Prep 15 mins
Cook 1 hr
Chicken and mushrooms...mmm....
- 1⁄3 cup oil
- 4 chicken breasts, with ribs
- 2 teaspoons salt
- 1⁄2 teaspoon black pepper
- 1 cup fresh mushrooms, sliced
- 1 (6 ounce) can evaporated milk
- 1 small onion, sliced thin
- 4 white potatoes, sliced
- 1 sprig parsley
- Preheat oven to 325 degrees.
- Heat oil in large skillet. Brown chicken until skin is golden, reserve oil in pan. Transfer to a baking dish.
- Sprinkle chicken with 1 teaspoon salt and 1/4 teaspoon pepper.

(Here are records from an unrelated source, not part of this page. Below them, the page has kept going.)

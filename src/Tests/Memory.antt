-- ===== src/Tests/Memory.antt =====
-- A storage service in memory, and the theorems on the store over it.
use native.Mathlib.Decide.{ℕ_discrete}
use indrav.Prelude.{
  ◌≡◌, ◌≢◌, ◌∙◌, sym, ap, refl, Bool, true, false, ◌==◌, if◌then◌else◌, Option, none, some, [], ◌∷◌,
  arith,
}
use indrav.Prelude.Dict.{
  Dict, IsObject, lookup, insert, erase, lookup-insert, lookup-erase_self, lookup-erase_ne,
  insert-IsObject, erase-IsObject,
}
use indrav.Prelude.Result.{ok, err}
use indrav.Types.{Address, AppState}
use indrav.AppInstance.{
  set_app_state, hash_of_latest_state, encoded_latest_state, app_from_json, app_to_json,
}
use indrav.Commitment.{state_commitment, assert_is_valid_signature}
use indrav.StateChannel.{StateChannel, get_app_instance, new_state_channel}
use indrav.StateChannel.Json.{StateChannelJson, channel_from_json, channel_to_json}
use indrav.StateChannel.Operations.{set_state, build}
use indrav.Store.{
  StorePath, Value, channels, channel, withdrawal, commitment, channels_value, StoreService,
  IsStoreService, channel_in, knows_app, get_state_channels_map,
  get_multisig_address_from_app_instance, save_state_channel, save_app_instance_state,
  get_channel_from_app_instance_id, get_state_channel,
}
use indrav.Store.Represents.{Channels, put, Storable, Represents, save_state_channel-Represents}
use indrav.Store.Reading.{Finds}
use indrav.Store.Search.{
  get_state_channels_map-Represents, get_multisig_address_from_app_instance-Finds,
  save_app_instance_state-Represents,
}
use indrav.Store.Middleware.{ListsStorable, Executed, execute, execute-Executed}
use indrav.Machine.Play.{play}
use indrav.Protocol.Update.{update_responding}
use indrav.Tests.Toy.{toy, toy_ethereum}
use indrav.Tests.Table.{table, signer_of, receives, update}

-- The values set for channels, the last one first; other values are not kept.
abbrev Memory : Type 0
Memory = Dict Value

abbrev set_json : Address → Option StateChannelJson → Dict StateChannelJson → Dict StateChannelJson
set_json a none d = erase a d
set_json a (some json) d = insert a json d

abbrev object_of : Memory → Dict StateChannelJson
object_of [] = []
object_of ((a, v) ∷ s) = set_json a (channel_in (some v)) (object_of s)

abbrev memory_get : StorePath → Memory → Option Value
memory_get channels s = some (channels_value (object_of s))
memory_get (channel a) s = lookup a s
memory_get (withdrawal a) s = none
memory_get (commitment h) s = none

abbrev memory_set : StorePath → Value → Memory → Memory
memory_set channels v s = s
memory_set (channel a) v s = (a, v) ∷ s
memory_set (withdrawal a) v s = s
memory_set (commitment h) v s = s

instance abbrev memory : StoreService Memory
memory = record { get = memory_get; set = memory_set; hash_commitment = λ c. c.call_data }

set_json-IsObject :
    (a : Address) (j : Option StateChannelJson) (d : Dict StateChannelJson)
    → IsObject d
    → IsObject (set_json a j d)
set_json-IsObject a none d h = erase-IsObject a d h
set_json-IsObject a (some json) d h = insert-IsObject a json d h

object_of-IsObject : (s : Memory) → IsObject (object_of s)
object_of-IsObject [] = tt
object_of-IsObject ((a, v) ∷ s) =
    set_json-IsObject a (channel_in (some v)) (object_of s) (object_of-IsObject s)

lookup-set_json :
    (b a : Address) (j : Option StateChannelJson) (d : Dict StateChannelJson)
    → IsObject d
    → lookup b (set_json a j d) ≡ (if b == a then j else lookup b d)
lookup-set_json b a none d o = elim (ℕ_discrete b a) [
  | yes e ↦ rw e (rw (lookup-erase_self a d o) (ground arith))
  | no n ↦ rw (lookup-erase_ne b a d n) (ground arith)
]
lookup-set_json b a (some json) d o = lookup-insert b a json d

keyed : (s : Memory) (b : Address) → lookup b (object_of s) ≡ channel_in (lookup b s)
keyed [] b = refl
keyed ((a, v) ∷ s) b =
    lookup-set_json b a (channel_in (some v)) (object_of s) (object_of-IsObject s)
    ∙ pick (keyed s b) (b == a)
  where
    pick :
        lookup b (object_of s) ≡ channel_in (lookup b s)
        → (same : Bool)
        → (if same then channel_in (some v) else lookup b (object_of s))
          ≡ channel_in (if same then some v else lookup b s)
    pick rest true = refl
    pick rest false = rest

other_path :
    (s : Memory) (a : Address) (path : StorePath) (v : Value)
    → path ≢ channel a
    → memory_get (channel a) (memory_set path v s) ≡ memory_get (channel a) s
other_path s a channels v n = refl
other_path s a (channel b) v n = elim (ℕ_discrete a b) [
  | yes e ↦ absurd (n (ap channel (sym e)))
  | no m ↦ ground arith
]
other_path s a (withdrawal b) v n = refl
other_path s a (commitment h) v n = refl

memory_laws : IsStoreService memory
memory_laws = record {
  get_set_channel = λ s a v. ground arith;
  get_set_other = other_path;
  channels_object = object_of-IsObject;
  channels_keyed = keyed;
}

abbrev nothing : Channels
nothing a = none

empty_store : Represents {S = Memory} [] nothing
empty_store a = tt

table-Storable : Storable table
table-Storable = record { keys = refl; proposals = tt; apps = (refl, tt); agreements = tt }

abbrev saved : Memory
saved = save_state_channel table []

save_state_channel-Represents_example : Represents saved (put table nothing)
save_state_channel-Represents_example =
    save_state_channel-Represents memory_laws [] nothing table table-Storable empty_store

-- The same, for the other theorems to use.
saved-Represents : Represents saved (put table nothing)
saved-Represents =
    save_state_channel-Represents memory_laws [] nothing table table-Storable empty_store

get_state_channels_map-Represents_example :
    (d : Dict StateChannel) × (get_state_channels_map saved ≡ ok d)
    × IsObject d
    × ((a : Address) → lookup a d ≡ put table nothing a)
get_state_channels_map-Represents_example =
    get_state_channels_map-Represents memory_laws saved (put table nothing) saved-Represents

get_multisig_address_from_app_instance-Finds_example :
    Finds 3306 (put table nothing) (get_multisig_address_from_app_instance 3306 saved)
get_multisig_address_from_app_instance-Finds_example =
    get_multisig_address_from_app_instance-Finds memory_laws saved (put table nothing) 3306
      saved-Represents

abbrev moved : Memory
moved = elim (save_app_instance_state 3306 (AppState.opaque 9) saved) [ ok s ↦ s | err _ ↦ [] ]

moves : save_app_instance_state 3306 (AppState.opaque 9) saved ≡ ok moved
unfolding save_app_instance_state get_channel_from_app_instance_id
    get_multisig_address_from_app_instance get_state_channels_map save_state_channel
    channel_from_json new_state_channel channel_to_json get_state_channel set_state get_app_instance
    set_app_state build
moves = refl

save_app_instance_state-Represents_example :
    (sc : StateChannel) × (updated : StateChannel) × (put table nothing sc.multisig_address
      ≡ some sc)
    × (knows_app 3306 sc ≡ true)
    × (set_state 3306 (AppState.opaque 9) sc ≡ ok updated)
    × Represents moved (put updated (put table nothing))
save_app_instance_state-Represents_example =
    save_app_instance_state-Represents memory_laws saved (put table nothing) 3306
      (AppState.opaque 9) saved-Represents moves

persists : ListsStorable (play (signer_of 2) [] (update_responding (receives update 103))).persisted
unfolding update_responding set_state get_app_instance set_app_state build new_state_channel
    state_commitment hash_of_latest_state encoded_latest_state app_from_json app_to_json
    assert_is_valid_signature
persists = ((record { keys = refl; proposals = tt; apps = (refl, tt); agreements = tt }, tt), tt)

execute-Executed_example :
    Executed
      (put table nothing)
      (execute (signer_of 2) [] (update_responding (receives update 103)) saved)
      (play (signer_of 2) [] (update_responding (receives update 103)))
execute-Executed_example =
    execute-Executed memory_laws (signer_of 2) [] (update_responding (receives update 103)) saved
      (put table nothing) persists saved-Represents
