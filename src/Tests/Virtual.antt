-- ===== src/Tests/Virtual.antt =====
-- The theorems on virtual apps at concrete channels and contexts.
use indrav.Prelude.{ℕ, ◌≡◌, refl, none, some, [], ◌∷◌, arith}
use indrav.Prelude.Int.{pos, ◌+ℤ◌, ◌-ℤ◌}
use indrav.Prelude.Result.{ok}
use indrav.Types.{
  AppState, CoinTransferMap, two_party_fixed_outcome, TwoPartyFixedOutcomeInterpreterParams,
}
use indrav.CoinTransfers.{merge, flip}
use indrav.AppInstance.{AppInstance, set_app_state, app_to_json, app_from_json}
use indrav.FreeBalance.{
  increment, from_app_instance, to_app_instance, serialize_free_balance_state,
  deserialize_free_balance_state, free_balance_add_active_app, free_balance_remove_active_app,
}
use indrav.StateChannel.{StateChannel, new_state_channel, free_balance, get_free_balance_class}
use indrav.StateChannel.Operations.{
  build, set_free_balance, add_active_app, increment_free_balance, remove_active_app,
  add_active_app_and_increment_free_balance, remove_active_app_and_increment_free_balance,
}
use indrav.StateChannel.Installs.{add_agreement, remove_agreement}
use indrav.Outcome.{two_party_increments}
use indrav.Machine.{InstallVirtualAppProtocolParams}
use indrav.Protocol.InstallVirtual.{virtual_app_instance, virtual_interpreter_parameters}
use indrav.Protocol.InstallVirtual.Objects.{add_initiator_agreement, add_responder_agreement}
use indrav.Protocol.UninstallVirtual.{increments_of}
use indrav.Protocol.UninstallVirtual.Objects.{
  remove_initiator_agreement, remove_responder_agreement,
}
use indrav.Protocol.UninstallVirtual.Balances.{uninstalling, Neutral, virtual_app-Neutral}
use indrav.Protocol.UninstallVirtual.Stakes.{virtual_app-loses_stakes}
use indrav.Tests.Toy.{toy, toy_laws, toy_chain, toy_ethereum, game, blank, value_of}
use indrav.Tests.Table.{table, balance_app}

-- A virtual game of the keys 1 and 2 through the intermediary with the key 3.
abbrev pub virtual : InstallVirtualAppProtocolParams
virtual = record {
  initiator_xpub = 1;
  responder_xpub = 2;
  intermediary_xpub = 3;
  default_timeout = 12;
  app_interface = record { addr = 71; state_encoding = 53; action_encoding = none };
  initial_state = AppState.opaque 4;
  initiator_balance_decrement = pos 1;
  responder_balance_decrement = pos 2;
  token_address = 0;
  app_seq_no = 5;
  outcome_type = two_party_fixed_outcome;
}

-- The channel of the key `x`, at the address `a`, with the intermediary.
abbrev pub ledger_of : ℕ → ℕ → StateChannel
ledger_of x a = record table {
  user_neutered_extended_keys = x ∷ 3 ∷ [];
  app_instances = [];
  free_balance_app_instance = some (record balance_app {
    participants = a ∷ 300 ∷ [];
    latest_state = AppState.free_balance (record {
      token_addresses = 0 ∷ [];
      balances =
          (record { to = a; amount_hex = 14 } ∷ record { to = 300; amount_hex = 32 } ∷ []) ∷ [];
      active_apps = [];
    });
  });
}

abbrev paid_i : StateChannel
paid_i = value_of blank (add_initiator_agreement virtual game 888 (ledger_of 1 100))

abbrev paid_r : StateChannel
paid_r = value_of blank (add_responder_agreement virtual game 888 (ledger_of 2 200))

abbrev settled_i : CoinTransferMap → StateChannel
settled_i m =
    value_of blank (remove_initiator_agreement (uninstalling virtual 888 1) 888 m 0 paid_i)

abbrev settled_r : CoinTransferMap → StateChannel
settled_r m =
    value_of blank (remove_responder_agreement (uninstalling virtual 888 1) 888 m 0 paid_r)

-- All that was paid goes to the initiator.
abbrev won : CoinTransferMap
won = (100, pos 3) ∷ []

pays_i : add_initiator_agreement virtual game 888 (ledger_of 1 100) ≡ ok paid_i
unfolding add_agreement remove_agreement new_state_channel increment_free_balance
    get_free_balance_class free_balance from_app_instance deserialize_free_balance_state
    serialize_free_balance_state increment merge ◌+ℤ◌ set_free_balance app_from_json app_to_json
    set_app_state flip free_balance_add_active_app free_balance_remove_active_app remove_active_app
    to_app_instance ◌-ℤ◌ add_active_app add_active_app_and_increment_free_balance
    remove_active_app_and_increment_free_balance build
pays_i = refl

pays_r : add_responder_agreement virtual game 888 (ledger_of 2 200) ≡ ok paid_r
unfolding add_agreement remove_agreement new_state_channel increment_free_balance
    get_free_balance_class free_balance from_app_instance deserialize_free_balance_state
    serialize_free_balance_state increment merge ◌+ℤ◌ set_free_balance app_from_json app_to_json
    set_app_state flip free_balance_add_active_app free_balance_remove_active_app remove_active_app
    to_app_instance ◌-ℤ◌ add_active_app add_active_app_and_increment_free_balance
    remove_active_app_and_increment_free_balance build
pays_r = refl

settles_i :
    remove_initiator_agreement (uninstalling virtual 888 1) 888 won 0 paid_i ≡ ok (settled_i won)
unfolding add_agreement remove_agreement new_state_channel increment_free_balance
    get_free_balance_class free_balance from_app_instance deserialize_free_balance_state
    serialize_free_balance_state increment merge ◌+ℤ◌ set_free_balance app_from_json app_to_json
    set_app_state flip free_balance_add_active_app free_balance_remove_active_app remove_active_app
    to_app_instance ◌-ℤ◌ add_active_app add_active_app_and_increment_free_balance
    remove_active_app_and_increment_free_balance build
settles_i = refl

settles_r :
    remove_responder_agreement (uninstalling virtual 888 1) 888 won 0 paid_r ≡ ok (settled_r won)
unfolding add_agreement remove_agreement new_state_channel increment_free_balance
    get_free_balance_class free_balance from_app_instance deserialize_free_balance_state
    serialize_free_balance_state increment merge ◌+ℤ◌ set_free_balance app_from_json app_to_json
    set_app_state flip free_balance_add_active_app free_balance_remove_active_app remove_active_app
    to_app_instance ◌-ℤ◌ add_active_app add_active_app_and_increment_free_balance
    remove_active_app_and_increment_free_balance build
settles_r = refl

virtual_app-Neutral_example :
    Neutral virtual won (ledger_of 1 100) (ledger_of 2 200) (settled_i won) (settled_r won)
virtual_app-Neutral_example =
    virtual_app-Neutral toy_laws virtual game 888 1 won (ledger_of 1 100) (ledger_of 2 200)
      (λ e. absurd (omega arith)) (λ e. absurd (omega arith)) refl pays_i pays_r settles_i settles_r

abbrev fixed : TwoPartyFixedOutcomeInterpreterParams
fixed = record { player_addrs = (105, 205); amount = pos 3; token_address = 0 }

abbrev of_players : CoinTransferMap
of_players = (105, pos 3) ∷ []

abbrev pub virtual_game : AppInstance
virtual_game = value_of game (virtual_app_instance virtual)

makes : virtual_app_instance virtual ≡ ok virtual_game
unfolding virtual_app_instance virtual_interpreter_parameters
makes = refl

players_are : virtual_game.two_party_internal ≡ some fixed
unfolding virtual_app_instance virtual_interpreter_parameters ◌+ℤ◌
players_are = refl

increments_are : increments_of 0 (two_party_increments 0 fixed) ≡ ok of_players
unfolding two_party_increments
increments_are = refl

settles_nothing_i :
    remove_initiator_agreement (uninstalling virtual 888 1) 888 of_players 0 paid_i
    ≡ ok (settled_i of_players)
unfolding add_agreement remove_agreement new_state_channel increment_free_balance
    get_free_balance_class free_balance from_app_instance deserialize_free_balance_state
    serialize_free_balance_state increment merge ◌+ℤ◌ set_free_balance app_from_json app_to_json
    set_app_state flip free_balance_add_active_app free_balance_remove_active_app remove_active_app
    to_app_instance ◌-ℤ◌ add_active_app add_active_app_and_increment_free_balance
    remove_active_app_and_increment_free_balance build
settles_nothing_i = refl

settles_nothing_r :
    remove_responder_agreement (uninstalling virtual 888 1) 888 of_players 0 paid_r
    ≡ ok (settled_r of_players)
unfolding add_agreement remove_agreement new_state_channel increment_free_balance
    get_free_balance_class free_balance from_app_instance deserialize_free_balance_state
    serialize_free_balance_state increment merge ◌+ℤ◌ set_free_balance app_from_json app_to_json
    set_app_state flip free_balance_add_active_app free_balance_remove_active_app remove_active_app
    to_app_instance ◌-ℤ◌ add_active_app add_active_app_and_increment_free_balance
    remove_active_app_and_increment_free_balance build
settles_nothing_r = refl

virtual_app-loses_stakes_example :
    (n : Neutral virtual of_players
      (ledger_of 1 100)
      (ledger_of 2 200)
      (settled_i of_players)
      (settled_r of_players))
    × (n.gain_i ≡ pos 0 -ℤ pos 1)
    × (n.gain_r ≡ pos 0 -ℤ pos 2)
virtual_app-loses_stakes_example =
    virtual_app-loses_stakes toy_laws virtual game 888 1 0 of_players (ledger_of 1 100)
      (ledger_of 2 200) refl makes players_are increments_are (λ e. absurd (omega arith))
      (λ e. absurd (omega arith)) (λ e. absurd (omega arith)) (λ e. absurd (omega arith))
      (λ e. absurd (omega arith)) (λ e. absurd (omega arith)) refl pays_i pays_r settles_nothing_i
      settles_nothing_r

- Saute mushrooms in oil that chicken was browned. Remove mushrooms from pan with slotted spoon, still reserving oil in pan. Spoon mushrooms over chicken.
- Cover chicken and bake 30 minutes.
- Remove chicken from oven and pour evaporated milk over chicken and mushrooms. Return to oven and bake an additional 30 minutes.
- While chicken is cooking, saute onions in oil until clear.
- Add potatoes and fry until tender. Sprinkle with remaining teaspoon of salt and 1/4 teaspoon of pepper.
- Garnish with parsley.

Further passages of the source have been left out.